Without skipping or changing anything, print all the entries.
======== Input
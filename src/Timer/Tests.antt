-- ===== src/Timer/Tests.antt =====
-- A one-shot timer and an interval, run.
use rong.Base.{◌≤◌, ◌≡◌, ◌⊎◌, inr, refl, Bool, true, false, [], ◌∷◌, arith, nat_eq}
use rong.Base.Assoc.{get, insert, remove}
use rong.Timer.{
  TimerTick, TimerRegistry, new, set_timeout_with_repeat, cancel_timer, send_tick, wake, receive,
  return_from,
}
use rong.Timer.Step.{Steps, here, next, set, elapse, received}
use rong.Timer.Counted.{shots}
use rong.Timer.Firing.{fires_once, cleared_never_fires}
use rong.Timer.Paced.{ticks, queued}
use rong.Timer.Queue.{one_tick}

abbrev tick : TimerTick
tick = record { id = 0; task = 0 }

-- The timer is set, its delay passes, and the receiver calls it.
abbrev armed : Bool → TimerRegistry
armed repeat = (set_timeout_with_repeat 7 5 repeat new).1

abbrev due : Bool → TimerRegistry
due repeat = wake 0 (armed repeat)

abbrev called : Bool → TimerRegistry
called repeat = receive tick [] (due repeat)

runs : Unit {0}
unfolding set_timeout_with_repeat send_tick wake receive return_from cancel_timer get insert remove
    shots queued
runs = tt

called_runs : (called false).fired ≡ 0 ∷ []
unfolding runs
called_runs = refl

due-Steps : (repeat : Bool) → Steps new (due repeat)
unfolding runs
due-Steps true = next (next here (set new 7 5 true)) (elapse (armed true) 0 (inr (5, refl)))
due-Steps false = next (next here (set new 7 5 false)) (elapse (armed false) 0 (inr (5, refl)))

called-Steps : Steps new (called false)
unfolding runs
called-Steps = next (due-Steps false) (received (due false) tick [] refl refl)

fires_once_example : shots 0 (called false).fired ≤ 1
unfolding runs
fires_once_example = fires_once (called false) 0 called-Steps (omega arith) (λ e. cc)

-- The tick is queued when the timer is cleared, and the receiver takes it afterwards.
cleared_never_fires_example :
    shots 0 (receive tick [] (cancel_timer 0 (due false))).fired ≡ shots 0 (due false).fired
unfolding runs
cleared_never_fires_example =
    cleared_never_fires (due false) (receive tick [] (cancel_timer 0 (due false))) 0 (omega arith)
      (next here (received (cancel_timer 0 (due false)) tick [] refl refl)) (omega arith)

one_tick_example :
    (ticks 0 (due true) ≤ 1) × ((((due true).tasks 0).pending ≡ true) ⊎ (ticks 0 (due true) ≡ 0))
one_tick_example = one_tick (due true) 0 (due-Steps true)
================
> Written response:
filename src/Timer/Tests.antt
-- ===== src/Timer/Tests.antt =====
-- A one-shot timer and an interval, run.
use rong.Base.{◌≤◌, ◌≡◌, ◌⊎◌, inr, refl, Bool, true, false, [], ◌∷◌, arith, nat_eq}
use rong.Base.Assoc.{get, insert, remove}
use rong.Timer.{
  TimerTick, TimerRegistry, new, set_timeout_with_repeat, cancel_timer, send_tick, wake, receive,
  return_from,
}
use rong.Timer.Step.{Steps, here, next, set, elapse, received}
use rong.Timer.Counted.{shots}
use rong.Timer.Firing.{fires_once, cleared_never_fires}
use rong.Timer.Paced.{ticks, queued}
use rong.Timer.Queue.{one_tick}

abbrev tick : TimerTick
tick = record { id = 0; task = 0 }

-- The timer is set, its delay passes, and the receiver calls it.
abbrev armed : Bool → TimerRegistry
armed repeat = (set_timeout_with_repeat 7 5 repeat new).1

abbrev due : Bool → TimerRegistry
due repeat = wake 0 (armed repeat)

abbrev called : Bool → TimerRegistry
called repeat = receive tick [] (due repeat)

runs : Unit {0}
unfolding set_timeout_with_repeat send_tick wake receive return_from cancel_timer get insert remove
    shots queued
runs = tt

called_runs : (called false).fired ≡ 0 ∷ []
unfolding runs
called_runs = refl

due-Steps : (repeat : Bool) → Steps new (due repeat)
unfolding runs
due-Steps true = next (next here (set new 7 5 true)) (elapse (armed true) 0 (inr (5, refl)))
due-Steps false = next (next here (set new 7 5 false)) (elapse (armed false) 0 (inr (5, refl)))

called-Steps : Steps new (called false)
unfolding runs
called-Steps = next (due-Steps false) (received (due false) tick [] refl refl)

fires_once_example : shots 0 (called false).fired ≤ 1
unfolding runs
fires_once_example = fires_once (called false) 0 called-Steps (omega arith) (λ e. cc)

-- The tick is queued when the timer is cleared, and the receiver takes it afterwards.
cleared_never_fires_example :
    shots 0 (receive tick [] (cancel_timer 0 (due false))).fired ≡ shots 0 (due false).fired
unfolding runs
cleared_never_fires_example =
    cleared_never_fires (due false) (receive tick [] (cancel_timer 0 (due false))) 0 (omega arith)
      (next here (received (cancel_timer 0 (due false)) tick [] refl refl)) (omega arith)

one_tick_example :
    (ticks 0 (due true) ≤ 1) × ((((due true).tasks 0).pending ≡ true) ⊎ (ticks 0 (due true) ≡ 0))
one_tick_example = one_tick (due true) 0 (due-Steps true)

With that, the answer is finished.